Patricia Wilson, an adjunct professor at the college, recalled immediately being in awe of Mungeta’s dance talents and his “ebullient spirit that could fill a room.”
That, and his laser-like focus, she said, prompted her to involve Mungeta in an annual Dunham Technique Intensive with other dancers of color. They fashioned a plan for Mungeta to travel to Indiana in the summer of 2019, along with another local dancer, Diane Duffy, for that experience.
Dunham, she said, is an African diasporic technique.
“Quickly,” Wilson said, “Bongo made friends, became part of the family, and danced his way into everyone’s heart.”
Dance was a big part of the Congolese culture, Mungeta said. “But it was free form … no instruction,” he said. “You were just feeling the beat and moving to the beat and the rhythm.”
Mungeta was not the standout player on the soccer team. He started 10 games his senior season. He was a called-on performer that Scott could use up top as a striker or outside on the wing. His name more than once graced the Little East Conference Academic Honor Roll.
“He gave you everything he had,” the veteran coach said. “Probably the hardest working player on the team who always led by example at practice.”

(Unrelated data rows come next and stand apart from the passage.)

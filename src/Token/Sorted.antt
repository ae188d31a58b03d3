-- ===== src/Token/Sorted.antt =====
-- src/tokenizer/bpe.cpp, `from_gguf`: the literals in their order.
use libmlxforge.Common.{
  ℕ, zero, suc, ◌≤◌, ◌<◌, Bool, true, false, List, [], ◌∷◌, some, Bytes, length, get_elem?, leb,
  if◌then◌else◌, ◌≡◌, ap, arith, Bool-cases, inl, inr, ◌⊎◌,
}
use libmlxforge.Token.FromGguf.{sort_longest, insert_longest}
use libmlxforge.Token.Cut.{IsIn}

some_entry : (a b : Bytes × ℕ) → some a ≡ some b → a ≡ b
some_entry a b e = cc

one_of {ℓ κ} :
    {A : Type ℓ} (P : A → Type κ) (b : Bool) (x y : A) → P (if b then x else y) → P x ⊎ P y
one_of P true x y h = inl h
one_of P false x y h = inr h

IsIn-insert_longest :
    (lit l : Bytes) (id n : ℕ) (m : List (Bytes × ℕ))
    → IsIn lit id (insert_longest (l, n) m)
    → IsIn lit id ((l, n) ∷ m)
unfolding insert_longest
IsIn-insert_longest lit l id n [] i = i
IsIn-insert_longest lit l id n (x ∷ m) i =
    elim (one_of (IsIn lit id) (leb (length x.0) (length l)) ((l, n) ∷ x ∷ m)
      (x ∷ insert_longest (l, n) m) i) [
        | inl j ↦ j
        | inr (inl j) ↦ inr (inl j)
        | inr (inr j) ↦ elim (IsIn-insert_longest lit l id n m j) [
          | inl k ↦ inl k
          | inr k ↦ inr (inr k)
        ]
      ]

pub IsIn-sort_longest :
    (lit : Bytes) (id : ℕ) (m : List (Bytes × ℕ)) → IsIn lit id (sort_longest m) → IsIn lit id m
unfolding sort_longest
IsIn-sort_longest lit id [] i = i
IsIn-sort_longest lit id ((l, n) ∷ m) i = elim (IsIn-insert_longest lit l id n (sort_longest m) i) [
  | inl k ↦ inl k
  | inr k ↦ inr (IsIn-sort_longest lit id m k)
]

-- The longest literal comes first.
abbrev pub IsLongestFirst : List (Bytes × ℕ) → Type 0
IsLongestFirst m =
    (i j : ℕ) (a b : Bytes × ℕ)
    → i < j
    → get_elem? m i ≡ some a
    → get_elem? m j ≡ some b
    → length b.0 ≤ length a.0

abbrev Below : ℕ → List (Bytes × ℕ) → Type 0
Below n [] = Unit
Below n (x ∷ m) = (length x.0 ≤ n) × Below n m

abbrev Falling : List (Bytes × ℕ) → Type 0
Falling [] = Unit
Falling (x ∷ m) = Below (length x.0) m × Falling m

Below-larger : (a b : ℕ) (m : List (Bytes × ℕ)) → a ≤ b → Below a m → Below b m
Below-larger a b [] l h = tt
Below-larger a b (x ∷ m) l h = (omega (arith, l, h.0), Below-larger a b m l h.1)

Below-insert_longest :
    (k : ℕ) (e : Bytes × ℕ) (m : List (Bytes × ℕ))
    → length e.0 ≤ k
    → Below k m
    → Below k (insert_longest e m)
unfolding insert_longest
Below-insert_longest k e [] l h = (l, tt)
Below-insert_longest k e (x ∷ m) l h = elim (Bool-cases (leb (length x.0) (length e.0))) [
  | inl t ↦ rw (Below, insert_longest, t) (l, (h.0, h.1))
  | inr t ↦ rw (Below, insert_longest, t) (h.0, Below-insert_longest k e m l h.1)
]

Falling-insert_longest :
    (e : Bytes × ℕ) (m : List (Bytes × ℕ)) → Falling m → Falling (insert_longest e m)
unfolding insert_longest
Falling-insert_longest e [] h = (tt, tt)
Falling-insert_longest e (x ∷ m) h = elim (Bool-cases (leb (length x.0) (length e.0))) [
  | inl t ↦
      rw (Falling, insert_longest, t)
        ((ground (arith, t), Below-larger (length x.0) (length e.0) m (ground (arith, t)) h.0), h)
  | inr t ↦
      rw (Falling, insert_longest, t)
        (
          Below-insert_longest (length x.0) e m (ground (arith, t)) h.0,
          Falling-insert_longest e m h.1,
        )
]

pub Falling-sort_longest : (m : List (Bytes × ℕ)) → Falling (sort_longest m)
unfolding sort_longest
Falling-sort_longest [] = tt
Falling-sort_longest (e ∷ m) = Falling-insert_longest e (sort_longest m) (Falling-sort_longest m)

Below-get_elem? :
    (k j : ℕ) (b : Bytes × ℕ) (m : List (Bytes × ℕ))
    → Below k m
    → get_elem? m j ≡ some b
    → length b.0 ≤ k
Below-get_elem? k j b [] h e = absurd (ground (arith, e))
Below-get_elem? k zero b (x ∷ m) h e =
    let same : x ≡ b = some_entry x b e in omega (arith, h.0, ap (λ y. length y.0) same)
Below-get_elem? k (suc j) b (x ∷ m) h e = Below-get_elem? k j b m h.1 e

pub Falling_lem : (m : List (Bytes × ℕ)) → Falling m → IsLongestFirst m
Falling_lem [] f i j a b l e g = absurd (ground (arith, e))
Falling_lem (x ∷ m) f i zero a b l e g = absurd (omega (arith, l))
Falling_lem (x ∷ m) f zero (suc j) a b l e g =
    let same : x ≡ a = some_entry x a e in
    omega (arith, Below-get_elem? (length x.0) j b m f.0 g, ap (λ y. length y.0) same)
Falling_lem (x ∷ m) f (suc i) (suc j) a b l e g = Falling_lem m f.1 i j a b (omega (arith, l)) e g

IsIn-insert_front :
    (lit : Bytes) (id : ℕ) (e : Bytes × ℕ) (m : List (Bytes × ℕ))
    → IsIn lit id (e ∷ m)
    → IsIn lit id (insert_longest e m)
unfolding insert_longest
IsIn-insert_front lit id e [] i = i
IsIn-insert_front lit id e (x ∷ m) i = elim (Bool-cases (leb (length x.0) (length e.0))) [
  | inl t ↦ rw (insert_longest, t) i
  | inr t ↦
      rw (insert_longest, t)
        (elim i [
          | inl j ↦ inr (IsIn-insert_front lit id e m (inl j))
          | inr (inl j) ↦ inl j
          | inr (inr j) ↦ inr (IsIn-insert_front lit id e m (inr j))
        ])
]

pub IsIn-sorted :
    (lit : Bytes) (id : ℕ) (m : List (Bytes × ℕ)) → IsIn lit id m → IsIn lit id (sort_longest m)
unfolding sort_longest
IsIn-sorted lit id [] i = i
IsIn-sorted lit id (e ∷ m) (inl j) = IsIn-insert_front lit id e (sort_longest m) (inl j)
IsIn-sorted lit id (e ∷ m) (inr j) =
    IsIn-insert_front lit id e (sort_longest m) (inr (IsIn-sorted lit id m j))
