-- ===== src/Token/Tables.antt =====
-- src/tokenizer/bpe.cpp, `from_gguf`: the tables agree with each other.
use libmlxforge.Common.{
  ℕ, true, ◌||◌, List, ◌∷◌, some, Bytes, get_elem?, if◌then◌else◌, ◌≡◌, ◌⊎◌, ◌↔◌,
}
use libmlxforge.Token.Bpe.{BpeTokenizer, bytes_eq, mem}
use libmlxforge.Token.FromGguf.{llama_bpe, llama3, gpt2, qwen2, token_type, is_special_type}
use libmlxforge.Token.Cut.{IsIn}
use libmlxforge.Token.Sorted.{IsLongestFirst}
use libmlxforge.Token.Numbers.{Numbers}

-- What the tables of a tokenizer have to do with the model file's.
pub record Agrees (t : BpeTokenizer) (tokens merges : List Bytes) (types : List ℕ) (pre : Bytes)
    : Type 0 where
  pub names : t.id_to_token ≡ tokens
  pub ids : Numbers t.token_to_id tokens
  pub ranks : Numbers t.merge_ranks merges
  pub literals :
      (lit : Bytes) (id : ℕ)
      → IsIn lit id t.special_tokens
        ↔ ((get_elem? tokens id ≡ some lit) × (is_special_type (token_type types id) ≡ true))
  pub special :
      (id : ℕ) → (mem id t.special_ids ≡ true) ↔ ((lit : Bytes) × IsIn lit id t.special_tokens)
  pub first :
      (c : ℕ) (lit : Bytes) (id : ℕ)
      → IsIn (c ∷ lit) id t.special_tokens
      → mem c t.special_first_bytes ≡ true
  pub longest : IsLongestFirst t.special_tokens
  pub cap :
      (((pre ≡ llama_bpe) ⊎ (pre ≡ llama3)) × (t.digit_run_max ≡ 3))
      ⊎ (((pre ≡ gpt2) ⊎ (pre ≡ qwen2)) × (t.digit_run_max ≡ 1))

abbrev cap_of : Bytes → ℕ
cap_of pre = if bytes_eq pre llama_bpe || bytes_eq pre llama3 then 3 else 1
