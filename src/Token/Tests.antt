-- ===== src/Token/Tests.antt =====
-- Tests of src/tokenizer/bpe.cpp and unicode_tables.h on a small tokenizer: the 256 bytes, one merge
-- and one literal.
use libmlxforge.Common.{
  ℕ, zero, suc, ◌+◌, ◌≤◌, ◌<◌, true, false, List, [], ◌∷◌, ◌++◌, none, some, Bytes, length,
  get_elem?, ◌==◌, ◌≡◌, ◌≢◌, refl, sym, ◌∙◌, ap, subst, arith, Bool-cases, Option-cases, inl, inr,
  ◌⊎◌, ==_iff, ◌↔◌,
}
use libmlxforge.Token.Alphabet.{AllBytes}
use libmlxforge.Token.Bounds.{match_piece_bounds}
use libmlxforge.Token.Bpe.{
  BpeTokenizer, Pair, bytes_eq, mem, lookup, encode, encode_plain, decode, best_from, merge_loop,
  ids_of, bpe_piece, piece_ids, head_or, pieces, map_bytes, split_symbols,
}
use libmlxforge.Token.Encode.{decode-encode_plain}
use libmlxforge.Token.FromGguf.{number_tokens}
use libmlxforge.Token.Loop.{IsClosed, AllPlain, best_pair_lem, merge_loop_lem}
use libmlxforge.Token.Merge.{flat, IsAdjacent, IsRanked, key, bytes_eq_sound, bytes_eq_same}
use libmlxforge.Token.Piece.{match_piece}
use libmlxforge.Token.Ranges.{IsCovered, IsSorted, in_ranges_iff}
use libmlxforge.Token.Segments.{KeepsApart, Splits, encode_lem, decode-encode}
use libmlxforge.Token.Cut.{IsScannable}
use libmlxforge.Token.Numbers.{lookup-number_tokens}
use libmlxforge.Token.Unicode.{Range, Classes, in_ranges}
use libmlxforge.Token.Utf8.{decode_utf8, to_uni}

abbrev letters : List Range
letters = record { lo = 65; hi = 90 } ∷ record { lo = 97; hi = 122 } ∷ []

abbrev ascii : Classes
ascii = record {
  letters = letters;
  numbers = record { lo = 48; hi = 57 } ∷ [];
  whitespace = record { lo = 9; hi = 13 } ∷ record { lo = 32; hi = 32 } ∷ [];
}

abbrev bytes_from : ℕ → ℕ → List Bytes
bytes_from k zero = []
bytes_from k (suc n) = to_uni k ∷ bytes_from (suc k) n

abbrev tokens : ℕ → List Bytes
tokens n = (b'h' ∷ b'i' ∷ []) ∷ (b'<' ∷ b'>' ∷ []) ∷ bytes_from 0 n

-- "hi" has id 0, "<>" is a literal with id 1, byte b has id b + 2.
abbrev small : ℕ → BpeTokenizer
small n = record {
  digit_run_max = 3;
  token_to_id = ((b'h' ∷ b'i' ∷ []), 0) ∷ number_tokens 2 (bytes_from 0 n);
  id_to_token = tokens n;
  merge_ranks = ((b'h' ∷ b' ' ∷ b'i' ∷ []), 0) ∷ [];
  special_ids = 1 ∷ [];
  special_tokens = ((b'<' ∷ b'>' ∷ []), 1) ∷ [];
  special_first_bytes = b'<' ∷ [];
}

abbrev text : Bytes
text = b'h' ∷ b'i' ∷ b'<' ∷ b'>' ∷ b'h' ∷ []

encode_small : encode ascii (small 110) text ≡ some (0 ∷ 1 ∷ (b'h' + 2) ∷ [])
unfolding encode number_tokens to_uni
encode_small = refl

byte_id :
    (m k n b : ℕ) → k ≤ b → b < k + n → lookup (to_uni b) (number_tokens m (bytes_from k n)) ≢ none
unfolding number_tokens lookup
byte_id m k zero b l o = absurd (omega (arith, l, o))
byte_id m k (suc n) b l o = elim (Bool-cases (bytes_eq (to_uni k) (to_uni b))) [
  | inl e ↦ rw (lookup, e) (λ q. cc)
  | inr e ↦ elim (Bool-cases (k == b)) [
    | inl f ↦
        absurd
          (ground (arith, e, bytes_eq_same (to_uni k) (to_uni b) (ap to_uni ((==_iff k b).0 f))))
    | inr f ↦ rw (lookup, e) (byte_id (suc m) (suc k) n b (ground (arith, f, l)) (omega (arith, o)))
  ]
]

abbrev hi : Bytes
hi = b'h' ∷ b'i' ∷ []

some_id : (a b : ℕ) → some a ≡ some b → a ≡ b
some_id a b e = cc

hit : (n : ℕ) (s : Bytes) → bytes_eq hi s ≡ true → lookup s (small n).token_to_id ≡ some 0
unfolding lookup
hit n s h = rw (lookup, h) refl

miss :
    (n : ℕ) (s : Bytes)
    → bytes_eq hi s ≡ false
    → lookup s (small n).token_to_id ≡ lookup s (number_tokens 2 (bytes_from 0 n))
unfolding lookup
miss n s h = rw (lookup, h) refl

get_behind : (n k : ℕ) → get_elem? (tokens n) (suc (suc k)) ≡ get_elem? (bytes_from 0 n) k
get_behind n k = refl

small_lookup :
    (n : ℕ) (s : Bytes) (id : ℕ)
    → lookup s (small n).token_to_id ≡ some id
    → (get_elem? (tokens n) id ≡ some s) × (mem id (1 ∷ []) ≡ false)
unfolding lookup
small_lookup n s id e = elim (Bool-cases (bytes_eq hi s)) [
  | inl h ↦
      let zero_id : 0 ≡ id = some_id 0 id (sym (hit n s h) ∙ e) in
      (
        ap (get_elem? (tokens n)) (sym zero_id) ∙ ap some (bytes_eq_sound hi s h),
        ground (arith, zero_id),
      )
  | inr h ↦
      let (k, d, g) = lookup-number_tokens 2 (bytes_from 0 n) s id (sym (miss n s h) ∙ e) in
      let place : id ≡ 2 + k = d in
      (
        subst (λ z. get_elem? (tokens n) z ≡ some s) {x = suc (suc k)} {y = id}
            (omega (arith, place)) (get_behind n k ∙ g),
        ground (arith, d),
      )
]

byte_small : (n b : ℕ) → b < n → lookup (to_uni b) (small n).token_to_id ≢ none
unfolding lookup
byte_small n b l = elim (Bool-cases (bytes_eq hi (to_uni b))) [
  | inl h ↦ rw (lookup, h) (λ q. cc)
  | inr h ↦ rw (lookup, h) (byte_id 2 0 n b (omega arith) (omega (arith, l)))
]

key_hi : (a b : Bytes) → b'h' ∷ b' ' ∷ b'i' ∷ [] ≡ key a b → hi ≡ a ++ b
key_hi [] b e = cc
key_hi (x ∷ []) b e = cc
key_hi (x ∷ y ∷ []) b e = cc
key_hi (x ∷ y ∷ z ∷ []) b e = cc
key_hi (x ∷ y ∷ z ∷ w ∷ a) b e = cc

merge_small :
    (n : ℕ) (a b : Bytes) (r : ℕ)
    → lookup (key a b) (small n).merge_ranks ≡ some r
    → lookup (a ++ b) (small n).token_to_id ≢ none
unfolding lookup
merge_small n a b r e = elim (Bool-cases (bytes_eq (b'h' ∷ b' ' ∷ b'i' ∷ []) (key a b))) [
  | inl h ↦
      rw
        (
          lookup,
          bytes_eq_same hi (a ++ b)
              (key_hi a b (bytes_eq_sound (b'h' ∷ b' ' ∷ b'i' ∷ []) (key a b) h)),
        )
        (λ q. cc)
  | inr h ↦ absurd (ground (arith, h, e))
]

small_IsClosed : IsClosed (small 256)
small_IsClosed = record {
  bytes = λ b l. byte_small 256 b l;
  merges = merge_small 256;
  inverse = λ s id e. (small_lookup 256 s id e).0;
}

-- Every id of plain text was looked up, and so is none of a literal.
module _ (n : ℕ) where
  ids_of_plain : (l : List Bytes) → AllPlain (small n) (ids_of (small n).token_to_id l)
  unfolding ids_of
  ids_of_plain [] = tt
  ids_of_plain (s ∷ l) = elim (Option-cases (lookup s (small n).token_to_id)) [
    | inl e ↦ rw (ids_of, e) (ids_of_plain l)
    | inr (id, e) ↦ rw (ids_of, e) ((small_lookup n s id e).1, ids_of_plain l)
  ]

  bpe_piece_plain : (s : Bytes) → AllPlain (small n) (bpe_piece (small n) s)
  unfolding bpe_piece
  bpe_piece_plain s = elim (Option-cases (lookup s (small n).token_to_id)) [
    | inl e ↦
        let symbols = split_symbols (length s) s in
        rw (bpe_piece, e) (ids_of_plain (merge_loop (small n).merge_ranks (length symbols) symbols))
    | inr (id, e) ↦ rw (bpe_piece, e) ((small_lookup n s id e).1, tt)
  ]

  append_plain :
      (a b : List ℕ) → AllPlain (small n) a → AllPlain (small n) b → AllPlain (small n) (a ++ b)
  append_plain [] b p q = q
  append_plain (x ∷ a) b p q = (p.0, append_plain a b p.1 q)

  piece_ids_plain : (u : Classes) (l : List Bytes) → AllPlain (small n) (piece_ids u (small n) l)
  unfolding piece_ids
  piece_ids_plain u [] = tt
  piece_ids_plain u (s ∷ l) =
      append_plain (bpe_piece (small n) (map_bytes s)) (piece_ids u (small n) l)
        (bpe_piece_plain (map_bytes s)) (piece_ids_plain u l)

  encode_plain_plain : (u : Classes) (s : Bytes) → AllPlain (small n) (encode_plain u (small n) s)
  unfolding encode_plain
  encode_plain_plain u s =
      piece_ids_plain u
        (pieces u (small n) s (length (decode_utf8 s).0) (decode_utf8 s).0 (decode_utf8 s).1)

  small_KeepsApart : (u : Classes) → KeepsApart u (small n)
  small_KeepsApart u = record {
    plain = λ s a. encode_plain_plain u s;
    literal = λ lit id i. elim i [ inl (p, q) ↦ ground (arith, q) | inr j ↦ absurd j ];
  }

small-IsScannable : (n : ℕ) → IsScannable (small n)
small-IsScannable n = record {
  nonempty = λ id i. elim i [ inl (p, q) ↦ absurd (omega (arith, ap length p)) | inr j ↦ absurd j ];
  first = λ c lit id i. elim i [
    | inl (p, q) ↦ let same : c ≡ b'<' = ap (head_or 0) p in ground (arith, same)
    | inr j ↦ absurd j
  ];
}

text-AllBytes : AllBytes text
text-AllBytes = (omega arith, (omega arith, (omega arith, (omega arith, (omega arith, tt)))))

decode-encode_example :
    (ids : List ℕ) × (shown : Bytes) × (encode ascii (small 256) text ≡ some ids)
    × Splits ascii (small 256) text ids shown
    × (decode (small 256) ids ≡ shown)
decode-encode_example =
    decode-encode ascii (small 256) text small_IsClosed (omega arith) (small_KeepsApart 256 ascii)
      (small-IsScannable 256) text-AllBytes

decode-encode_plain_example : decode (small 256) (encode_plain ascii (small 256) text) ≡ text
decode-encode_plain_example =
    decode-encode_plain ascii (small 256) text small_IsClosed (omega arith) text-AllBytes
      (encode_plain_plain 256 ascii text)

encode_lem_example :
    (ids : List ℕ) × (shown : Bytes) × (encode ascii (small 256) text ≡ some ids)
    × Splits ascii (small 256) text ids shown
encode_lem_example = encode_lem ascii (small 256) text (small-IsScannable 256)

abbrev h_i_h : List Bytes
h_i_h = (b'h' ∷ []) ∷ (b'i' ∷ []) ∷ (b'h' ∷ []) ∷ []

merge_loop_lem_example :
    (flat (merge_loop (small 0).merge_ranks 3 h_i_h) ≡ flat h_i_h)
    × ((a b : Bytes)
        → IsAdjacent a b (merge_loop (small 0).merge_ranks 3 h_i_h)
        → lookup (key a b) (small 0).merge_ranks ≡ none)
merge_loop_lem_example = merge_loop_lem (small 0).merge_ranks 3 h_i_h (omega arith)

best_pair_lem_example :
    ((best_from (small 0).merge_ranks none h_i_h ≡ none)
      × ((a b : Bytes) → IsAdjacent a b h_i_h → lookup (key a b) (small 0).merge_ranks ≡ none))
    ⊎ ((p : Pair) × (best_from (small 0).merge_ranks none h_i_h ≡ some p)
        × IsAdjacent p.left p.right h_i_h
        × IsRanked (small 0).merge_ranks p
        × ((a b : Bytes) (r : ℕ)
            → IsAdjacent a b h_i_h
            → lookup (key a b) (small 0).merge_ranks ≡ some r
            → p.rank ≤ r))
best_pair_lem_example = best_pair_lem (small 0).merge_ranks h_i_h

match_piece_bounds_example :
    (0 < match_piece ascii 3 b'h' (b'i' ∷ [])) × (match_piece ascii 3 b'h' (b'i' ∷ []) ≤ 2)
match_piece_bounds_example = match_piece_bounds ascii 3 b'h' (b'i' ∷ []) (omega arith)

get_letters :
    (i : ℕ) (r : Range)
    → get_elem? letters i ≡ some r
    → ((i ≡ 0) × (r.lo ≡ 65) × (r.hi ≡ 90)) ⊎ ((i ≡ 1) × (r.lo ≡ 97) × (r.hi ≡ 122))
get_letters zero r e = inl (refl, cc, cc)
get_letters (suc zero) r e = inr (refl, cc, cc)
get_letters (suc (suc i)) r e = absurd (cc)

letters_IsSorted : IsSorted letters
letters_IsSorted = record {
  nonempty = λ i r e. elim (get_letters i r e) [
    | inl (a, b, c) ↦ omega (arith, b, c)
    | inr (a, b, c) ↦ omega (arith, b, c)
  ];
  rising = λ i j r s l e f. elim (get_letters i r e) [
    | inl (a, b, c) ↦ elim (get_letters j s f) [
      | inl (x, y, z) ↦ absurd (omega (arith, a, x, l))
      | inr (x, y, z) ↦ omega (arith, c, y)
    ]
    | inr (a, b, c) ↦ elim (get_letters j s f) [
      | inl (x, y, z) ↦ absurd (omega (arith, a, x, l))
      | inr (x, y, z) ↦ absurd (omega (arith, a, x, l))
    ]
  ];
}

in_ranges_iff_example : (in_ranges b'h' letters ≡ true) ↔ IsCovered b'h' letters
in_ranges_iff_example = in_ranges_iff b'h' letters letters_IsSorted
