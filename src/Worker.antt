-- ===== src/Worker.antt =====
-- The host logic of src/runtime/worker.{h,cpp}.
pub mod Rows
pub mod Mask
pub mod Constrained
pub mod Runs
pub mod Evict
pub mod Gather
pub mod Compact
pub mod Admit
pub mod Chunks
pub mod Units
pub mod Tests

That push to improve and excel, that poetic soul that McLaughlin said his stage dance revealed, that approachable and friendly nature that stood out, are a few of the qualities — threads in that work-in-progress tapestry — that define Mungeta and account for the wings he’s earned.
“Yes,” Scott said, “he’s an incredibly nice person, respectful of everybody. Talented.”
“And he carries himself very professionally. His mother, I think, is a big motivational piece of Bongo’s amazing success. He really wanted to please her and make her proud of him. And he did.”